Отвыкший от людей звереныш, а именно таким и стал Иарен за время пребывания в пещере, растерялся и, не глядя, попался в ловушку. Силовое поле захлопнулось вокруг него клеткой и вызвало разъяренный, обиженный вой.
«Нет, нет, нет! Только не клетка! Я не хочу снова на цепь!» - отчаянно думал Иарен, пытаясь пробиться сквозь незримое поле, но тщетно – эту преграду ему не преодолеть. «Лучше сдохнуть, чем снова в рабство!» - шальная мысль всполохом озарила сознание зверя, но не успела воплотиться в реальность – дротик, смазанный чем-то приятно пахнущим,  впился в бедро. «Ты же обещал мне, что не причинишь вреда…» - растерянно подумал Иарен, прежде чем провалиться в сон, крепкий и спокойный.

- Выделите ему отдельный отсек и накрепко заприте, - скомандовал Пересмешник, как только ступил в пределы лагеря. – Пока он спит – окажите ему медицинскую помощь. Проверьте все, вплоть до ДНК-кода. И приглушите свет – для него так будет легче.
Маркус устало опустился на ступени капсулы и посмотрел на ошейник, который держал в руках. По внутреннему краю змеилась надпись, но разобрать ее сейчас не представлялось возможным – слишком много грязи и крови покрывало металл. Пересмешник бережно сложил свою находку в шкатулку и забрался внутрь капсулы. Хотелось поскорее вернуться домой и заняться делами, о чем он и сообщил появившемуся, как чертик из табакерки, Октавиусу.
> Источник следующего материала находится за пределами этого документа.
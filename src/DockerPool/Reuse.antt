-- ===== src/DockerPool/Reuse.antt =====
-- No container is ever used again.
use obase.Base.{
  ℕ, ◌+◌, ◌≡◌, refl, sym, subst, Bool, true, false, none, String, string_eq, List, [], ◌∷◌, arith,
  leb, ltb, ◌-◌, if◌then◌else◌, first, map, ok, Option-cases, Bool-cases, inl, inr,
}
use obase.Base.Dict.{
  Dict, lookup, insert, AllValues, insert-AllValues, erase-AllValues, lookup-AllValues,
}
use obase.DockerPool.{
  PoolState, ContainerSlot, Pool, Begun, full, creating, Removal, init, size, is_idle, is_free,
  mark, begin, created, started, destroy, release, status,
}

abbrev pub IsBusyOrRunning : ContainerSlot → Type 0
IsBusyOrRunning slot = is_idle slot.state ≡ false

abbrev pub NeverIdle : Pool → Type 0
NeverIdle p = AllValues IsBusyOrRunning p.slots

-- One uninterrupted part of a method, with what the daemon answered before it.
pub data Part : Type 0 where
  begins : ℕ → Part
  creates : ℕ → String → String → Part
  starts : String → Bool → Part
  releases : ℕ → ℕ → String → Removal → Part
  destroys : String → Removal → Part
  looks : (String → Bool) → Part

unfoldable pub apply : Part → Pool → Pool
apply (begins now) p = (begin now p).1
apply (creates now id name) p = created now id name p
apply (starts id good) p = (started id good p).1
apply (releases now later id answer) p = (release now later id answer p).1
apply (destroys id answer) p = (destroy id answer p).1
apply (looks alive) p = status alive p

unfoldable pub run : List Part → Pool → Pool
run [] p = p
run (part ∷ parts) p = run parts (apply part p)

first-none : (d : Dict String ContainerSlot) → AllValues IsBusyOrRunning d → first is_free d ≡ none
first-none [] h = refl
first-none ((id, slot) ∷ d) h = ground (arith, first-none d h.1)

mark-NeverIdle :
    (alive : String → Bool) (d : Dict String ContainerSlot)
    → AllValues IsBusyOrRunning d
    → AllValues IsBusyOrRunning (map (mark alive) d)
mark-NeverIdle alive [] h = tt
mark-NeverIdle alive ((id, slot) ∷ d) h =
    (mark_one (alive slot.container_id), mark-NeverIdle alive d h.1)
  where
    mark_one :
        (b : Bool) → IsBusyOrRunning (if b then slot else record slot { state = PoolState.missing })
    mark_one true = h.0
    mark_one false = refl

-- A pool in which no slot is idle gives no container back.
begin_without_idle :
    (now : ℕ) (p : Pool)
    → NeverIdle p
    → begin now p ≡ (
        if leb p.max_size (size p)
        then (full, p)
        else (creating (p.counter + 1), record p { counter = p.counter + 1 }))
unfolding begin
begin_without_idle now p h = ground (arith, first-none p.slots h)

destroy-NeverIdle :
    (id : String) (answer : Removal) (p : Pool) → NeverIdle p → NeverIdle (destroy id answer p).1
unfolding destroy
destroy-NeverIdle id answer p h = elim (Option-cases (lookup id p.slots)) [
  | inl unknown ↦ rw (unknown, destroy) h
  | inr (slot, found) ↦ rw (found, destroy) (erase-AllValues IsBusyOrRunning id p.slots h)
]

release-NeverIdle :
    (now later : ℕ) (id : String) (answer : Removal) (p : Pool)
    → NeverIdle p
    → NeverIdle (release now later id answer p).1
unfolding release
release-NeverIdle now later id answer p h = elim (Option-cases (lookup id p.slots)) [
  | inl unknown ↦ rw (unknown, release) h
  | inr (slot, found) ↦
      let p' : Pool = record p {
        slots = insert id (record slot { busy = false; last_used_at = now }) p.slots;
      } in
      let h' : NeverIdle p' =
        insert-AllValues IsBusyOrRunning id _ p.slots
          (lookup-AllValues IsBusyOrRunning id p.slots h found) h in
      elim (Bool-cases (ltb p.idle_timeout (later - now))) [
        | inl late ↦ rw (found, release, late) (destroy-NeverIdle id answer p' h')
        | inr early ↦ rw (found, release, early) h'
      ]
]

begin-NeverIdle : (now : ℕ) (p : Pool) → NeverIdle p → NeverIdle (begin now p).1
begin-NeverIdle now p h =
    subst (λ (b : Begun × Pool). NeverIdle b.1) (sym (begin_without_idle now p h))
      (either_way (leb p.max_size (size p)))
  where
    either_way :
        (b : Bool)
        → let next : Begun × Pool =
            if b
            then (full, p)
            else (creating (p.counter + 1), record p { counter = p.counter + 1 }) in
          NeverIdle next.1
    either_way true = h
    either_way false = h

init-slots :
    (image : String) (max_size idle_timeout : ℕ) {p : Pool}
    → init image max_size idle_timeout ≡ ok p
    → p.slots ≡ []
unfolding init
init-slots image max_size idle_timeout made = ground arith

apply-NeverIdle : (part : Part) (p : Pool) → NeverIdle p → NeverIdle (apply part p)
unfolding apply created started status
apply-NeverIdle (begins now) p h = begin-NeverIdle now p h
apply-NeverIdle (creates now id name) p h = insert-AllValues IsBusyOrRunning id _ p.slots refl h
apply-NeverIdle (starts id true) p h = h
apply-NeverIdle (starts id false) p h = erase-AllValues IsBusyOrRunning id p.slots h
apply-NeverIdle (releases now later id removal) p h = release-NeverIdle now later id removal p h
apply-NeverIdle (destroys id removal) p h = destroy-NeverIdle id removal p h
apply-NeverIdle (looks alive) p h = mark-NeverIdle alive p.slots h

run-NeverIdle : (parts : List Part) (p : Pool) → NeverIdle p → NeverIdle (run parts p)
unfolding run
run-NeverIdle [] p h = h
run-NeverIdle (part ∷ parts) p h = run-NeverIdle parts (apply part p) (apply-NeverIdle part p h)

-- In every pool that its methods can reach from a new one, also where they overlap, an acquire takes
-- no container that is there: it fails as soon as the slots number `max_size`, released or not, and
-- asks for a new container otherwise.
pub begin_never_reuses :
    (image : String) (max_size idle_timeout now : ℕ) (parts : List Part) {p : Pool}
    → init image max_size idle_timeout ≡ ok p
    → let q = run parts p in
      begin now q ≡ (
        if leb q.max_size (size q)
        then (full, q)
        else (creating (q.counter + 1), record q { counter = q.counter + 1 }))
begin_never_reuses image max_size idle_timeout now parts {p} made =
    begin_without_idle now (run parts p)
      (run-NeverIdle parts p (rw (init-slots image max_size idle_timeout made) tt))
- Как только закончите здесь – улетаем. Не стоит привлекать внимание к нашему проказнику. Пусть знают, что мы устранили угрозу, но ни слова о том, что мы забрали его с собой.
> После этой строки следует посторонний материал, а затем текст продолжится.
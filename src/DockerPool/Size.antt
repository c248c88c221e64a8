-- ===== src/DockerPool/Size.antt =====
-- How many slots a pool holds.
use obase.Base.{
  ℕ, zero, suc, ◌+◌, ◌≤◌, ◌<◌, ◌≡◌, ◌≢◌, refl, ap, All, Bool, true, false, none, some, String,
  string_eq, List, [], ◌∷◌, arith, leb, leb→gt, ltb, ◌-◌, sym, ◌∙◌, Result, err, length, first, map,
  ok, Option-cases, Bool-cases, inl, inr,
}
use obase.Base.Dict.{
  Dict, lookup, insert, length-insert-le, length-erase-le, length-insert_old, length-insert_new,
}
use mathlib.Core.Option.{none-ne-some}
use obase.DockerPool.{
  Error, ContainerSlot, Pool, Begun, full, creating, reused, running, Removal, Answer, init, size,
  is_free, mark, begin, created, started, go_on, acquire, destroy, release, status, close,
  close_ids,
}

abbrev pub Within : ℕ → Pool → Type 0
Within n p = (p.max_size ≡ n) × (size p ≤ n)

-- A whole call of a method.
pub data Call : Type 0 where
  acquires : ℕ → Answer → Call
  releases : ℕ → ℕ → String → Removal → Call
  destroys : String → Removal → Call
  looks : (String → Bool) → Call
  closes : (String → Removal) → Call

unfoldable pub apply : Call → Pool → Pool
apply (acquires now answer) p = (acquire now answer p).1
apply (releases now later id r) p = (release now later id r p).1
apply (destroys id r) p = (destroy id r p).1
apply (looks alive) p = status alive p
apply (closes r) p = (close r p).1

unfoldable pub run : List Call → Pool → Pool
run [] p = p
run (call ∷ calls) p = run calls (apply call p)

first-found :
    {A : Type 0} (p : A → Bool) (xs : List A) {x : A} → first p xs ≡ some x → 0 < length xs
first-found p [] h = ground (arith, h)
first-found p (_ ∷ xs) h = omega arith

length-map : {A B : Type 0} (f : A → B) (xs : List A) → length (map f xs) ≡ length xs
length-map f [] = refl
length-map f (x ∷ xs) = omega (arith, length-map f xs)

first-lookup :
    (q : String × ContainerSlot → Bool) (d : Dict String ContainerSlot) (id : String)
    (slot : ContainerSlot)
    → first q d ≡ some (id, slot)
    → lookup id d ≢ none
unfolding lookup
first-lookup q [] id slot h = ground (arith, h)
first-lookup q ((j, s) ∷ d) id slot h = ground (arith, first-lookup q d id slot)

-- What the first part of `acquire` leaves: the same slots, or with room for one more.
BeginSays : ℕ → Begun × Pool → Type 0
BeginSays n (reused _, p) = Within n p
BeginSays n (full, p) = Within n p
BeginSays n (creating _, p) = (p.max_size ≡ n) × (size p < n)

begin-BeginSays : (n now : ℕ) (p : Pool) → Within n p → BeginSays n (begin now p)
unfolding begin BeginSays
begin-BeginSays n now p (same, fits) = elim (Option-cases (first is_free p.slots)) [
  | inl nothing ↦ elim (Bool-cases (leb p.max_size (size p))) [
    | inl h ↦ rw (nothing, begin, h) (same, fits)
    | inr h ↦ rw (nothing, begin, h) (same, omega (arith, leb→gt _ _ h, same))
  ]
  | inr ((id, slot), found) ↦
      rw (found, begin)
        (
          same,
          omega (
            arith,
            length-insert_old id (record slot { busy = true; last_used_at = now }) p.slots
                (first-lookup is_free p.slots id slot found),
          ),
        )
]

go_on-Within :
    (n now : ℕ) (answer : Answer) (b : Begun × Pool)
    → BeginSays n b
    → Within n (go_on now answer b).1
unfolding BeginSays created started
go_on-Within n now answer (reused id, p) h = h
go_on-Within n now answer (full, p) h = h
go_on-Within n now none (creating m, p) (same, room) = (same, omega arith)
go_on-Within n now (some (id, name, true)) (creating m, p) (same, room) = (
  same,
  omega (
    arith,
    length-insert-le id
        (record {
          container_id = id;
          image = p.image;
          name = name;
          created_at = now;
          last_used_at = now;
          busy = true;
          state = running;
        })
        p.slots,
  ),
)
go_on-Within n now (some (id, name, false)) (creating m, p) (same, room) =
    let made : Dict String ContainerSlot = (created now id name p).slots in
    (
      same,
      omega (
        arith,
        length-erase-le id made,
        length-insert-le id
            (record {
              container_id = id;
              image = p.image;
              name = name;
              created_at = now;
              last_used_at = now;
              busy = true;
              state = running;
            })
            p.slots,
      ),
    )

destroy-Within :
    (n : ℕ) (id : String) (r : Removal) (p : Pool) → Within n p → Within n (destroy id r p).1
unfolding destroy
destroy-Within n id r p (same, fits) = elim (Option-cases (lookup id p.slots)) [
  | inl unknown ↦ rw (unknown, destroy) (same, fits)
  | inr (slot, found) ↦ rw (found, destroy) (same, omega (arith, length-erase-le id p.slots))
]

release-Within :
    (n now later : ℕ) (id : String) (r : Removal) (p : Pool)
    → Within n p
    → Within n (release now later id r p).1
unfolding release
release-Within n now later id r p (same, fits) = elim (Option-cases (lookup id p.slots)) [
  | inl unknown ↦ rw (unknown, release) (same, fits)
  | inr (slot, found) ↦
      let p' : Pool = record p {
        slots = insert id (record slot { busy = false; last_used_at = now }) p.slots;
      } in
      let h : Within n p' = (
        same,
        omega (
          arith,
          fits,
          length-insert_old id (record slot { busy = false; last_used_at = now }) p.slots
              (λ none_there. none-ne-some _ (sym none_there ∙ found)),
        ),
      ) in
      elim (Bool-cases (ltb p.idle_timeout (later - now))) [
        | inl late ↦ rw (found, release, late) (destroy-Within n id r p' h)
        | inr early ↦ rw (found, release, early) h
      ]
]

close_ids-Within :
    (n : ℕ) (r : String → Removal) (ids : List String) (p : Pool)
    → Within n p
    → Within n (close_ids r ids p).1
unfolding close_ids
close_ids-Within n r [] p h = h
close_ids-Within n r (id ∷ ids) p h =
    go (destroy id (r id) p) (destroy-Within n id (r id) p h)
      (close_ids-Within n r ids (destroy id (r id) p).1 (destroy-Within n id (r id) p h))
  where
    go :
        (b : Result Error (Unit {0}) × Pool)
        → Within n b.1
        → Within n (close_ids r ids b.1).1
        → let next : Result Error (Unit {0}) × Pool = elim b.0 [
          | ok _ ↦ close_ids r ids b.1
          | err e ↦ (err e, b.1)
        ] in
          Within n next.1
    go (ok _, q) h rest = rest
    go (err e, q) h rest = h

apply-Within : (n : ℕ) (c : Call) (p : Pool) → Within n p → Within n (apply c p)
unfolding apply acquire status close
apply-Within n (acquires now answer) p h =
    go_on-Within n now answer (begin now p) (begin-BeginSays n now p h)
apply-Within n (releases now later id r) p h = release-Within n now later id r p h
apply-Within n (destroys id r) p h = destroy-Within n id r p h
apply-Within n (looks alive) p (same, fits) = (same, rw (length-map (mark alive) p.slots) fits)
apply-Within n (closes r) p h = close_ids-Within n r (map (λ e. e.0) p.slots) p h

run-Within : (n : ℕ) (calls : List Call) (p : Pool) → Within n p → Within n (run calls p)
unfolding run
run-Within n [] p h = h
run-Within n (c ∷ calls) p h = run-Within n calls (apply c p) (apply-Within n c p h)

init-Within :
    (image : String) (max_size idle_timeout : ℕ) {p : Pool}
    → init image max_size idle_timeout ≡ ok p
    → Within max_size p
unfolding init
init-Within image max_size idle_timeout made = (ground arith, ground arith)

init-empty :
    (image : String) (max_size idle_timeout : ℕ) {p : Pool}
    → init image max_size idle_timeout ≡ ok p
    → (p.slots ≡ []) × (0 < p.max_size)
unfolding init
init-empty image max_size idle_timeout made = (ground arith, ground arith)

-- While no two calls overlap, a pool never holds more than `max_size` slots, whatever the daemon
-- answers to its methods' requests.
pub size-run-le :
    (image : String) (max_size idle_timeout : ℕ) {p : Pool} (calls : List Call)
    → init image max_size idle_timeout ≡ ok p
    → size (run calls p) ≤ max_size
size-run-le image max_size idle_timeout {p} calls made =
    (run-Within max_size calls p (init-Within image max_size idle_timeout made)).1

-- `n` calls of `acquire` that pass the first part before any of them enters its slot.
unfoldable pub begin_all : ℕ → ℕ → Pool → List Begun × Pool
begin_all zero now p = ([], p)
begin_all (suc n) now p = let (b, q) = begin now p in let (bs, r) = begin_all n now q in (b ∷ bs, r)

-- They have entered their slots, each under the id that the daemon gave.
unfoldable pub create_all : ℕ → List String → Pool → Pool
create_all now [] p = p
create_all now (id ∷ ids) p = create_all now ids (created now id id p)

-- The ids are different from each other and from those in the pool.
abbrev pub AreNew : List String → Dict String ContainerSlot → Type 0
AreNew [] d = Unit
AreNew (id ∷ ids) d = (lookup id d ≡ none) × ((s : ContainerSlot) → AreNew ids (insert id s d))

create_all-size :
    (now : ℕ) (ids : List String) (p : Pool)
    → AreNew ids p.slots
    → size (create_all now ids p) ≡ size p + length ids
unfolding create_all created
create_all-size now [] p h = omega arith
create_all-size now (id ∷ ids) p (new, rest) = omega (
  arith,
  create_all-size now ids (created now id id p) (rest _),
  length-insert_new id
      (record {
        container_id = id;
        image = p.image;
        name = id;
        created_at = now;
        last_used_at = now;
        busy = true;
        state = running;
      })
      p.slots new,
)

abbrev pub IsCreating : Begun → Type 0
IsCreating b = (m : ℕ) × (b ≡ creating m)

begin-empty :
    (now : ℕ) (p : Pool)
    → p.slots ≡ []
    → 0 < p.max_size
    → begin now p ≡ (creating (p.counter + 1), record p { counter = p.counter + 1 })
unfolding begin
begin-empty now p h positive = ground arith

begin_all-empty :
    (n now : ℕ) (p : Pool)
    → p.slots ≡ []
    → 0 < p.max_size
    → All IsCreating (begin_all n now p).0 × ((begin_all n now p).1.slots ≡ [])
unfolding begin_all
begin_all-empty zero now p h positive = (tt, h)
begin_all-empty (suc n) now p h positive =
    let rest = begin_all-empty n now (record p { counter = p.counter + 1 }) h positive in
    rw (begin-empty now p h positive) (((p.counter + 1, refl), rest.0), rest.1)

-- Calls of `acquire` that overlap: on a new pool any number of them pass the test of `max_size`
-- before the first one enters its slot, and when all have entered theirs, under different ids, the
-- pool holds as many slots as there were calls.
pub size-overlap :
    (image : String) (max_size idle_timeout now : ℕ) (ids : List String) {p : Pool}
    → init image max_size idle_timeout ≡ ok p
    → AreNew ids []
    → All IsCreating (begin_all (length ids) now p).0
      × (size (create_all now ids (begin_all (length ids) now p).1) ≡ length ids)
size-overlap image max_size idle_timeout now ids {p} made new =
    let (slots, positive) = init-empty image max_size idle_timeout made in
    let (answers, empty) = begin_all-empty (length ids) now p slots positive in
    (
      answers,
      omega (
        arith,
        create_all-size now ids (begin_all (length ids) now p).1 (rw empty new),
        ap length empty,
      ),
    )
- Как скажете, Пересмешник, - коротко кивнул Доренс и покинул каюту Маркуса.
Сам же Маркус устроился на полу, лицом к двери, и погрузился в медитацию, как его учили в храме. Ему нужны были силы, иначе он рисковал стать похожим на проказника – безмолвным, агрессивным зверенышем, который ненавидит ошейник, который на него надели. Пусть даже это сделало самое дорогое в мире существо.